- **What you need to do**
The stretch wanted below opens at the line containing "handle-err (err e) f d x h = (e, refl, h)" and closes at the line containing "pub device_id : ℕ". Please return it exactly, with no other lines.

(Extracted data entries)
╔══

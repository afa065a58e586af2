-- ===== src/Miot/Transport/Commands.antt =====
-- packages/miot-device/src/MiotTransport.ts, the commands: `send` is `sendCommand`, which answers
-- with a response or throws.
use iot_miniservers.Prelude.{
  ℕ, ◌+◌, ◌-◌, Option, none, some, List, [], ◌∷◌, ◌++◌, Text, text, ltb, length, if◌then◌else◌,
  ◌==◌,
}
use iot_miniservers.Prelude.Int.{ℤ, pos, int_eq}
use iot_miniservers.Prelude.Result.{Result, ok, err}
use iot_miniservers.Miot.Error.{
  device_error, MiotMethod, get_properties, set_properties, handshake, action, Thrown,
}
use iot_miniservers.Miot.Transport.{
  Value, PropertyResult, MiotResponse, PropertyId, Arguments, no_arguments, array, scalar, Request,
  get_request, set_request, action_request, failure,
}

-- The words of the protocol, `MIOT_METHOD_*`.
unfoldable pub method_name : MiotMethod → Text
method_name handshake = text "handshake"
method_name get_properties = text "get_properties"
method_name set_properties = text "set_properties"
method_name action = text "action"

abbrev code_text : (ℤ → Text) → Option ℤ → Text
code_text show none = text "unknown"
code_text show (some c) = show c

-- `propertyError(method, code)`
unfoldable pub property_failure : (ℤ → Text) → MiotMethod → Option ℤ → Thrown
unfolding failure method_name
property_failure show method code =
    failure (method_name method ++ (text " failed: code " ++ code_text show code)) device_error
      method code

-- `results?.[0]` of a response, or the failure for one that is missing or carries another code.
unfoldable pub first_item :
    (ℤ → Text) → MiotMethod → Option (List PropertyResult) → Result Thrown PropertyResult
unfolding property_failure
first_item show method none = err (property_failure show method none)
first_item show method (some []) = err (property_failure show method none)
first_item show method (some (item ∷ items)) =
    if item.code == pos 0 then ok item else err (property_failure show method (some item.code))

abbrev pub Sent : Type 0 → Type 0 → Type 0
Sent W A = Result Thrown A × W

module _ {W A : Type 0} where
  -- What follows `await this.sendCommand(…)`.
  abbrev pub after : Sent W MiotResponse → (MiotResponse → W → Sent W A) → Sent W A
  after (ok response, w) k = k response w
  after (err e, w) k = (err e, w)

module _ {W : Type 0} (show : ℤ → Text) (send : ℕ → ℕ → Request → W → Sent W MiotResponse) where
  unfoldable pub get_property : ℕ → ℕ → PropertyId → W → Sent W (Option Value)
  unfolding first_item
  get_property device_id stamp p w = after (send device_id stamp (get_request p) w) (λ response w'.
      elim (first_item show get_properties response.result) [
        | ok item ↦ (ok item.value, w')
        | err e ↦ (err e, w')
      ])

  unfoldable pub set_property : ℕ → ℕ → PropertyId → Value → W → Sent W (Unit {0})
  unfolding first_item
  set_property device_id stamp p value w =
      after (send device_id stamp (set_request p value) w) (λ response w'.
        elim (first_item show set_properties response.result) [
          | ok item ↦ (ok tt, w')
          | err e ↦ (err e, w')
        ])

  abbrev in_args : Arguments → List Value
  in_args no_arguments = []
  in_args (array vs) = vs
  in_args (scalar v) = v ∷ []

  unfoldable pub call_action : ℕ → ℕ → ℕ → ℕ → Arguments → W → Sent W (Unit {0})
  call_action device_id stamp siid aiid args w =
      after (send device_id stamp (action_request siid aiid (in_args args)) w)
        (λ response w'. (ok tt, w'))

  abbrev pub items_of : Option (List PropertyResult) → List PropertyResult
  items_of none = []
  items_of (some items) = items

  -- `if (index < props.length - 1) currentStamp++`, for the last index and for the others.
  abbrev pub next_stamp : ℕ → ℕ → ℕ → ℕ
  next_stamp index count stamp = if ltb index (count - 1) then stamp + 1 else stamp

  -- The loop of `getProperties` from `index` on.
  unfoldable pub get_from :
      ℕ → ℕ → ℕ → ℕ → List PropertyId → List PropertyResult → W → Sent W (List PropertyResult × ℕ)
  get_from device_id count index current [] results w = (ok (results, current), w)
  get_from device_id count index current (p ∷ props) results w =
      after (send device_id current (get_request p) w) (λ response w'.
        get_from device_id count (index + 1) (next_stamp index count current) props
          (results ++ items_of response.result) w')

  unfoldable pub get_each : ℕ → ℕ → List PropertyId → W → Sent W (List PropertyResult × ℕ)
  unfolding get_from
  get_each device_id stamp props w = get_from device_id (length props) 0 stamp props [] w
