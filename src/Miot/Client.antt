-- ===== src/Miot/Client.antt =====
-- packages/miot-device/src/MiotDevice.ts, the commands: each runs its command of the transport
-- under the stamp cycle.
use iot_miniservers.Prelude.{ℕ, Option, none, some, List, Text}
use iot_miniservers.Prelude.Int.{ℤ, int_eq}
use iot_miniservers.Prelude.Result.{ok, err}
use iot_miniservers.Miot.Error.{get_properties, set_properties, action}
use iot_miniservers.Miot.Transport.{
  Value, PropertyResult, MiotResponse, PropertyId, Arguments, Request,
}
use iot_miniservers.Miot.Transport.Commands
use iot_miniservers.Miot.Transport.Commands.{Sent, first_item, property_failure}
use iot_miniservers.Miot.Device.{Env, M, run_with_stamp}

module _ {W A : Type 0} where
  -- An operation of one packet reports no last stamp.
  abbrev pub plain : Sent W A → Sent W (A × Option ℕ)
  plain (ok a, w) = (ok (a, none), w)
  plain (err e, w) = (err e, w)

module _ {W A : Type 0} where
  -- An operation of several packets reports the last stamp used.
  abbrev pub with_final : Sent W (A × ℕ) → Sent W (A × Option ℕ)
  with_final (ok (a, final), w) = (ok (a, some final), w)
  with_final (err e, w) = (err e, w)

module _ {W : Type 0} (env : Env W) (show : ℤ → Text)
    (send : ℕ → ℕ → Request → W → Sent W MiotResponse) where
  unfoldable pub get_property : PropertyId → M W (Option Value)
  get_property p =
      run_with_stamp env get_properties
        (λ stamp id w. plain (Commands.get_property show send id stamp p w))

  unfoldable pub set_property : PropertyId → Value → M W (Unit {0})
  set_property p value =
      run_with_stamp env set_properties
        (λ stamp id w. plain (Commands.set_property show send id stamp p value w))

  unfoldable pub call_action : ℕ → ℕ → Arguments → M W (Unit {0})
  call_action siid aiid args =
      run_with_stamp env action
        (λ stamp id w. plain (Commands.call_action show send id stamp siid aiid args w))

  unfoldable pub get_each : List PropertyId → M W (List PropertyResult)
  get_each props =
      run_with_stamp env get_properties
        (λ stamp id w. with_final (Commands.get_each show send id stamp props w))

╚══
╔══

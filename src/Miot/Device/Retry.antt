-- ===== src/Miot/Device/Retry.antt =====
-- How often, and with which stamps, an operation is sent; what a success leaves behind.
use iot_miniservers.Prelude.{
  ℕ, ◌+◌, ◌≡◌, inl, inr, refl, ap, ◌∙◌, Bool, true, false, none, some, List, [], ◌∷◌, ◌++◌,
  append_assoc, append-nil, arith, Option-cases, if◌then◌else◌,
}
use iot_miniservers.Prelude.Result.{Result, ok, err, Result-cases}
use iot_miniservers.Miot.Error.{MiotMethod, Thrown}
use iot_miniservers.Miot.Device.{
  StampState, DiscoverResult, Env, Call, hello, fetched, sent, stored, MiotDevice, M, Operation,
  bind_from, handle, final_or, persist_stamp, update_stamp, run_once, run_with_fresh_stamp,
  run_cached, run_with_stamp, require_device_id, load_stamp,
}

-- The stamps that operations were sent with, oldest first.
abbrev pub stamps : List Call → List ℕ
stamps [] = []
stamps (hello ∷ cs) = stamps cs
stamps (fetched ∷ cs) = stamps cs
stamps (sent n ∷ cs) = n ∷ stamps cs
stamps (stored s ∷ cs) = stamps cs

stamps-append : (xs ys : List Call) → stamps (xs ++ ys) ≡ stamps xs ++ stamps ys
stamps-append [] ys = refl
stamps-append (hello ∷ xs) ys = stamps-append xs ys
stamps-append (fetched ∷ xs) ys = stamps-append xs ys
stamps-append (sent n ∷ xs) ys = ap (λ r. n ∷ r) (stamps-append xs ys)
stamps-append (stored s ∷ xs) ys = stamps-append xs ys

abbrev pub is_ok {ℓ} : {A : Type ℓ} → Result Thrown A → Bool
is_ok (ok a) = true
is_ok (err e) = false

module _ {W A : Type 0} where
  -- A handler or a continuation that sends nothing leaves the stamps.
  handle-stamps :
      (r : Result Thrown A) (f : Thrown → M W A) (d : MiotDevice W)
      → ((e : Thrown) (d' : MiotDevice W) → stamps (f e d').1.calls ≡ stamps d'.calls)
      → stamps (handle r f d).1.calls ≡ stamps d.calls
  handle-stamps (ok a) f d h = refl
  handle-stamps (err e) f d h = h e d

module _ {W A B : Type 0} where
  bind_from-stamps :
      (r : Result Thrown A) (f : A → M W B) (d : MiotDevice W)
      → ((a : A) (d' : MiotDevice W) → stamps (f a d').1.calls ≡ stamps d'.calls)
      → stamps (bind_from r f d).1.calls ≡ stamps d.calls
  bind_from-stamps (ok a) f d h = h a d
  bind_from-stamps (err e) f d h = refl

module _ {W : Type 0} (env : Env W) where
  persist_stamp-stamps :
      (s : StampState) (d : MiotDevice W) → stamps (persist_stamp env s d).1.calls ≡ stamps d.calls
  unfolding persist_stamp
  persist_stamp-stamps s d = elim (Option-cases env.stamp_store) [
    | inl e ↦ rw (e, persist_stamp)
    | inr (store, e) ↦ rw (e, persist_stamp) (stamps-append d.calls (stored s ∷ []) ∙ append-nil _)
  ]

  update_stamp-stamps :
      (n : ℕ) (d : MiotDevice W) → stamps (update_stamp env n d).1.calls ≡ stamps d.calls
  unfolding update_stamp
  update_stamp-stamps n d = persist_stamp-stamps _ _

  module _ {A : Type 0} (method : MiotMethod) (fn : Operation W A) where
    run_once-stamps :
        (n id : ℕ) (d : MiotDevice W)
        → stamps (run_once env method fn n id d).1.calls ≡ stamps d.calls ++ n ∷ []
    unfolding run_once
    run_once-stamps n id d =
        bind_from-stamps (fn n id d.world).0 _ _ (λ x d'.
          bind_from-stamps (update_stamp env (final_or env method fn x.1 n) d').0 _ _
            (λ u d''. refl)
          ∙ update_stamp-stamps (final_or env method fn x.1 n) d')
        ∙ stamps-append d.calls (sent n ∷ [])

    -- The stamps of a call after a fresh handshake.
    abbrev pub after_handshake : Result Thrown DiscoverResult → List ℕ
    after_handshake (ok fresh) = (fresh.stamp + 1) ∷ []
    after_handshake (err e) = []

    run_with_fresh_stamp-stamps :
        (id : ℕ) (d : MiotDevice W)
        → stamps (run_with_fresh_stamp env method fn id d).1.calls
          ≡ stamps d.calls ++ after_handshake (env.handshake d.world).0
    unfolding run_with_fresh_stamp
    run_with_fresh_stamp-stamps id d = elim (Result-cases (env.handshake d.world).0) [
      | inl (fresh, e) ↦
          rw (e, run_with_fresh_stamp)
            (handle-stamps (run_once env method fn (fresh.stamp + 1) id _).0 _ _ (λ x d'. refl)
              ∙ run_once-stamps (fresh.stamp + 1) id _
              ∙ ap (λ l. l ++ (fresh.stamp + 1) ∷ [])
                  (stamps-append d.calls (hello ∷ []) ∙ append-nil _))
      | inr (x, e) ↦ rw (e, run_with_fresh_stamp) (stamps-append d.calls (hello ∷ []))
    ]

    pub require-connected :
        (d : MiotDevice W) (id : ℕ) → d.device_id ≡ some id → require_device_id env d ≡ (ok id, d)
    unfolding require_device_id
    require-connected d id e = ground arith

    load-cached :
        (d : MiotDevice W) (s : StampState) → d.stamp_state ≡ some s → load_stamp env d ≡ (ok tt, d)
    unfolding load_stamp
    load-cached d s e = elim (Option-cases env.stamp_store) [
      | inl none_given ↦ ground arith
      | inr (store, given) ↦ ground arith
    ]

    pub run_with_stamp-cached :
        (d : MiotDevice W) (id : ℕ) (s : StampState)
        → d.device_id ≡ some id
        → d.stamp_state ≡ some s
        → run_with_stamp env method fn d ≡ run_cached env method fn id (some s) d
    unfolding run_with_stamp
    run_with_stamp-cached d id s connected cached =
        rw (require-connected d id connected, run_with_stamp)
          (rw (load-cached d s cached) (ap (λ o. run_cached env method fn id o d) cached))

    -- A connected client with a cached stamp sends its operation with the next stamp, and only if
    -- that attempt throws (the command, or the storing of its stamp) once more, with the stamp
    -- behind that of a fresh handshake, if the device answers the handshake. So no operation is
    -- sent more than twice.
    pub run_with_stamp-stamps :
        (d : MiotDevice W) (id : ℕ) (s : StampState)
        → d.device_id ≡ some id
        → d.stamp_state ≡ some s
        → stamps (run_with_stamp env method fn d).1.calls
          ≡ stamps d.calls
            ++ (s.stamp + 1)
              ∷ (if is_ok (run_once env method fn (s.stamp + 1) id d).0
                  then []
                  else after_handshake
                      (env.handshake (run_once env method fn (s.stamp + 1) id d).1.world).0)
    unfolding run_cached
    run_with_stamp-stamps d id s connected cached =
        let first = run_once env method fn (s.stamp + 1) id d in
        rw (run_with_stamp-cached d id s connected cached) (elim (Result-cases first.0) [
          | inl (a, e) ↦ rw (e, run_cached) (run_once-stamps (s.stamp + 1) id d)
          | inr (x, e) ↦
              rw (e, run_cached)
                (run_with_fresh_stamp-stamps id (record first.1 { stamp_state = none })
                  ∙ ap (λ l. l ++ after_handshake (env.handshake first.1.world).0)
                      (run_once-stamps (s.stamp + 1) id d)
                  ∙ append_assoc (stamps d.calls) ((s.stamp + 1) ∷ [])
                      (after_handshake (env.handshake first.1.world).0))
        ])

╚══
╔══

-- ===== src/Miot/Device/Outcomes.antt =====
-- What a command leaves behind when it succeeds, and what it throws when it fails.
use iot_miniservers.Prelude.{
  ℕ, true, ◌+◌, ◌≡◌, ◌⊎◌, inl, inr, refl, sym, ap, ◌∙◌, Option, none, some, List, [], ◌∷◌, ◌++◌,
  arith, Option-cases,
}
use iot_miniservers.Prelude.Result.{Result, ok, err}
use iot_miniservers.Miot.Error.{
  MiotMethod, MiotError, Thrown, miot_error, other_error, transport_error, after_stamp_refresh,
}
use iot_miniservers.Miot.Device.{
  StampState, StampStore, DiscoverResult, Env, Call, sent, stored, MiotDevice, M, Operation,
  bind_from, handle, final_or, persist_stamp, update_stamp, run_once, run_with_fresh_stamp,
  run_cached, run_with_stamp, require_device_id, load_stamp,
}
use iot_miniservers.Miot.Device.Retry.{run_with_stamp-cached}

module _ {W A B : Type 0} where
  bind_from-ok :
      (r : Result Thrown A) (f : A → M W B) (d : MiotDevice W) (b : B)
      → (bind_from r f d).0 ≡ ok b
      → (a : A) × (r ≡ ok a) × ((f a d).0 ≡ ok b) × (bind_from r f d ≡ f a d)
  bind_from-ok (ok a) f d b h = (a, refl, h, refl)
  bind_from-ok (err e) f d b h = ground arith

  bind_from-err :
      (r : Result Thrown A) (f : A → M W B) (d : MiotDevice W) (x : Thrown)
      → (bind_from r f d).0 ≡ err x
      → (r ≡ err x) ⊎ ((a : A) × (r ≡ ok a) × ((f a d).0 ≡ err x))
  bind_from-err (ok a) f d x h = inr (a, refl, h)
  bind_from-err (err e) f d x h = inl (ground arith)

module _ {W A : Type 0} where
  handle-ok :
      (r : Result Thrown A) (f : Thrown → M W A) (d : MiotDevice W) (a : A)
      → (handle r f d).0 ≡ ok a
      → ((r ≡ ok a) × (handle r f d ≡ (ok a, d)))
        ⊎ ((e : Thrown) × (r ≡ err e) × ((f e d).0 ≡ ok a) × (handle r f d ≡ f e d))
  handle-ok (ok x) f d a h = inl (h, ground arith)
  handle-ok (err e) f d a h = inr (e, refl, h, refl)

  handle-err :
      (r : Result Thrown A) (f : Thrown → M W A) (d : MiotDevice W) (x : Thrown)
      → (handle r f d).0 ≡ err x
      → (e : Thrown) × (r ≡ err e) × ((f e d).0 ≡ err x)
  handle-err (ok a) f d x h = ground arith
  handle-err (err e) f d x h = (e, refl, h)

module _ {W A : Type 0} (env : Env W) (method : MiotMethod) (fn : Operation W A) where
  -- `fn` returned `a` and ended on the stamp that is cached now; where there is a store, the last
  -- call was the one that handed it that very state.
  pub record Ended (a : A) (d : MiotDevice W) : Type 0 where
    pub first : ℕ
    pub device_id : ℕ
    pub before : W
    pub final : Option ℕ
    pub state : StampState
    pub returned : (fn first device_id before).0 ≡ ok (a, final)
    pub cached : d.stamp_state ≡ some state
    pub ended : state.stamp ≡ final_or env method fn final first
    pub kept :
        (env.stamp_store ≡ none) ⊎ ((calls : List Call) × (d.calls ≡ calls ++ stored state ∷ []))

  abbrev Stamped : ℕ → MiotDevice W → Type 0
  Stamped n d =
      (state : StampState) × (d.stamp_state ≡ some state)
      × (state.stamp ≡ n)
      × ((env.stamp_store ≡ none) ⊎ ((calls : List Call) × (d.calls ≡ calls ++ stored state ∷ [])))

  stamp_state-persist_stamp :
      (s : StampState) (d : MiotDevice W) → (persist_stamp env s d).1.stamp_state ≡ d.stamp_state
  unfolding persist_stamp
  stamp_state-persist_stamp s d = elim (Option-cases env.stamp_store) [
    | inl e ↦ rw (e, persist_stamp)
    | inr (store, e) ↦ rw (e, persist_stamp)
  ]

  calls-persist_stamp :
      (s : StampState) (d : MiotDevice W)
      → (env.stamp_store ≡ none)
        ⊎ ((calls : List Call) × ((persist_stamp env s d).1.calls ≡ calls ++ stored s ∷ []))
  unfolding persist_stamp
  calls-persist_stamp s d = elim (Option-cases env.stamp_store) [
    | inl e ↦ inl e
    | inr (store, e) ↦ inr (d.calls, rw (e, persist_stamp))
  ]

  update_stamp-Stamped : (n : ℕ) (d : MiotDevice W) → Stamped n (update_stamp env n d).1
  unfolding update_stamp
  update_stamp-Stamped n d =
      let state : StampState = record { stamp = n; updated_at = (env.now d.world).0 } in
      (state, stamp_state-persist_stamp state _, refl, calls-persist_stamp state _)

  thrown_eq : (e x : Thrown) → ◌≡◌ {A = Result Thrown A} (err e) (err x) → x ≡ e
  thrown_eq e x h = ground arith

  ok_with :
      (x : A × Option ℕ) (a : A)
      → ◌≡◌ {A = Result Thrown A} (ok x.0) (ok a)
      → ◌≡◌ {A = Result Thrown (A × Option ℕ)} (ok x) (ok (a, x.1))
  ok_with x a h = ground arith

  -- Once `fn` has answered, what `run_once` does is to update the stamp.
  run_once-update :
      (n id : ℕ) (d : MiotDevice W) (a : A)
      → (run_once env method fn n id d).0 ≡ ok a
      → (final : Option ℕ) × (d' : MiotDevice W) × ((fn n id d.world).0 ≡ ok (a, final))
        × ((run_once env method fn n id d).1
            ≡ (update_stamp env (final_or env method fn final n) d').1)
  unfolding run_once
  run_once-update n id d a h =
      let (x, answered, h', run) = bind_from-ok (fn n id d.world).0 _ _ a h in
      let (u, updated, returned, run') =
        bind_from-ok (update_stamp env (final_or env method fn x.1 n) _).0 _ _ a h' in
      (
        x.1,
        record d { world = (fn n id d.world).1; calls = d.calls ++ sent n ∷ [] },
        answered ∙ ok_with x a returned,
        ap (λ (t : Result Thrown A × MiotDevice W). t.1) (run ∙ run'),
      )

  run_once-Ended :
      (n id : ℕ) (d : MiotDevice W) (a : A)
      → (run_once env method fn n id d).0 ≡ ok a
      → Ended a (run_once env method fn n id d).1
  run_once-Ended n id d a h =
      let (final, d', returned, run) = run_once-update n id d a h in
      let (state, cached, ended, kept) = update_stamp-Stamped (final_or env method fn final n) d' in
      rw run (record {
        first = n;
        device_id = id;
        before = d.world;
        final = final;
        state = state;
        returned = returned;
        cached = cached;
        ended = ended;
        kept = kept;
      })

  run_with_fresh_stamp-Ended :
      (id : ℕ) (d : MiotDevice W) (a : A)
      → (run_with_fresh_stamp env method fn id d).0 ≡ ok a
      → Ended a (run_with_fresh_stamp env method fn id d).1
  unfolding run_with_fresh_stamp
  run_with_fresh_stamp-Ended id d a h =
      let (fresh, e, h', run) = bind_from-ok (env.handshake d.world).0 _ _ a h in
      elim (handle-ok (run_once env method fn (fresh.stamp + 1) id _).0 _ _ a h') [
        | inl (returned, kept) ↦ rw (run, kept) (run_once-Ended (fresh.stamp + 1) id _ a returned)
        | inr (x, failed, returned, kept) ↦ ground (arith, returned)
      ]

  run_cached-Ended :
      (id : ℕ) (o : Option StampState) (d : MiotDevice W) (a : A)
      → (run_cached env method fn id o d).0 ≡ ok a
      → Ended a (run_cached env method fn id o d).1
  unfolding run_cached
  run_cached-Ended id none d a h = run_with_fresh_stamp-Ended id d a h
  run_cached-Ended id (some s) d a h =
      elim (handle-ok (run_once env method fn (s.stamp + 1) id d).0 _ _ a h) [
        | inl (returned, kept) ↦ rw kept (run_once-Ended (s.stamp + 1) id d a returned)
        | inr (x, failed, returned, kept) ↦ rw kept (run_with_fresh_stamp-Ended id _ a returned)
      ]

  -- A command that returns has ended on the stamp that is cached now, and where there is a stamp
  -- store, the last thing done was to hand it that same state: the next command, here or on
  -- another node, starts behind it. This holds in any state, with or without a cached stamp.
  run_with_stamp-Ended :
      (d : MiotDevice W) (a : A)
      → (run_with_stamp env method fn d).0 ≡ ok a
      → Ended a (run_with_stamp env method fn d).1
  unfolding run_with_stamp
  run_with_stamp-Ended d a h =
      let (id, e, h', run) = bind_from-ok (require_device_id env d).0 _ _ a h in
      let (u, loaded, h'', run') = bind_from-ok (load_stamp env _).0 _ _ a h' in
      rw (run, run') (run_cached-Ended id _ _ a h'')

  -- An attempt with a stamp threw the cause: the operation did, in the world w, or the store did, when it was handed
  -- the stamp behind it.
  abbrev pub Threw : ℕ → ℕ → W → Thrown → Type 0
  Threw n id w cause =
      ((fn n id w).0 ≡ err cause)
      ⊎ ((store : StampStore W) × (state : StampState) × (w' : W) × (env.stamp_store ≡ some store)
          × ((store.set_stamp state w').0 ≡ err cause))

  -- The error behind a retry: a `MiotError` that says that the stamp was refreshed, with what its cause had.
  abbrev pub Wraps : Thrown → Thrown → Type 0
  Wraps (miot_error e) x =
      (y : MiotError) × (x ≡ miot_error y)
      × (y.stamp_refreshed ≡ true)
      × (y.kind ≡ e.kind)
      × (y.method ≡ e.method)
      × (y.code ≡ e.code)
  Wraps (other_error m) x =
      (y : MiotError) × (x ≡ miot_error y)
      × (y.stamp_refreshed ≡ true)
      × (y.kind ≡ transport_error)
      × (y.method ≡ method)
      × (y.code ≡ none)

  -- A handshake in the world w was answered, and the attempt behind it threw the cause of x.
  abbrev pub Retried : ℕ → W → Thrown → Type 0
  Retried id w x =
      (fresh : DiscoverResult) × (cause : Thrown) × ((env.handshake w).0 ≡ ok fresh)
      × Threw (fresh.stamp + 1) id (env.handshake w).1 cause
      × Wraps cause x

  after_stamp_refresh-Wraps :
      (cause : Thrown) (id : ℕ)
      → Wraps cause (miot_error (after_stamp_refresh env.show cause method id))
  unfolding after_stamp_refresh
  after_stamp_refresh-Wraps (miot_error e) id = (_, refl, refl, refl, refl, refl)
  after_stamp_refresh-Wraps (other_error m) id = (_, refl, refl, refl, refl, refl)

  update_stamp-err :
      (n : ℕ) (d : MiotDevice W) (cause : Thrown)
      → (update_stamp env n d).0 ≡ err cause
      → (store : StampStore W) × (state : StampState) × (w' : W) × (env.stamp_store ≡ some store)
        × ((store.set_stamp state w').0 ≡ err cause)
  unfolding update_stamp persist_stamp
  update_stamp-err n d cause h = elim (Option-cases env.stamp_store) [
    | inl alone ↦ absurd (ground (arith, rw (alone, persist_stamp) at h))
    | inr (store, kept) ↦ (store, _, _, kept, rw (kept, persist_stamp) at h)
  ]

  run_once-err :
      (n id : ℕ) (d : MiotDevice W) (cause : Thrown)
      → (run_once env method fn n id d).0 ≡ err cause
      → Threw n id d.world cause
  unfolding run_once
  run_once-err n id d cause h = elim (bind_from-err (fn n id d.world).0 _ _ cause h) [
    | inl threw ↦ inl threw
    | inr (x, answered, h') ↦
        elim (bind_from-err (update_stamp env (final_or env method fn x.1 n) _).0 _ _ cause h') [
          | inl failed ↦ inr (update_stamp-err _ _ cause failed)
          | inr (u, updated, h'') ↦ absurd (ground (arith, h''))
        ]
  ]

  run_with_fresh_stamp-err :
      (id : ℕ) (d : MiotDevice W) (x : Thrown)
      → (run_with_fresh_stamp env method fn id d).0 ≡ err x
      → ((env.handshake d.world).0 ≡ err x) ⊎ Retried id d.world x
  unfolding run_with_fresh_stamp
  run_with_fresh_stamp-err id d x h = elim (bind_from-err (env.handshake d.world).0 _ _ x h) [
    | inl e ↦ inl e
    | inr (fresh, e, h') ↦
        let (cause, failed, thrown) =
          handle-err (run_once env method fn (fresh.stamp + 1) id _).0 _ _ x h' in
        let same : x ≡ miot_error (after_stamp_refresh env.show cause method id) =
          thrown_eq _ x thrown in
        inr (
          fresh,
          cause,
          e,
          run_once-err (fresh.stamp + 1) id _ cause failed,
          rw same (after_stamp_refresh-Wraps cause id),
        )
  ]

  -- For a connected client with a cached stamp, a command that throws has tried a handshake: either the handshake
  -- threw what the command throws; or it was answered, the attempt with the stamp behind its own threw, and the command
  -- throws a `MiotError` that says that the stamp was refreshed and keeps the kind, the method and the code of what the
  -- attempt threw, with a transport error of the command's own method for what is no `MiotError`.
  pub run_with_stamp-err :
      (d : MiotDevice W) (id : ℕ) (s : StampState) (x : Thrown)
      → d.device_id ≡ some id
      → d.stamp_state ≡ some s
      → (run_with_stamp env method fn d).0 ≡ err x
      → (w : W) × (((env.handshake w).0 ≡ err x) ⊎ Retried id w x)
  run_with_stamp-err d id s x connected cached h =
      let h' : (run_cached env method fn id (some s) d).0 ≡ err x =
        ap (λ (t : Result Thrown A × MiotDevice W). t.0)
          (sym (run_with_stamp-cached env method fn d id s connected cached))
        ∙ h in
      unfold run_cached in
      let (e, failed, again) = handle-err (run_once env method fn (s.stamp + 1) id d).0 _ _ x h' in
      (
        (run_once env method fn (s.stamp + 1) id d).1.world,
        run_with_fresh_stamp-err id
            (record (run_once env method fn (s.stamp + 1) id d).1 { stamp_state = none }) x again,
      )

╚══

- **Response below**
  handle-err (err e) f d x h = (e, refl, h)

module _ {W A : Type 0} (env : Env W) (method : MiotMethod) (fn : Operation W A) where
  -- `fn` returned `a` and ended on the stamp that is cached now; where there is a store, the last
  -- call was the one that handed it that very state.
  pub record Ended (a : A) (d : MiotDevice W) : Type 0 where
    pub first : ℕ
    pub device_id : ℕ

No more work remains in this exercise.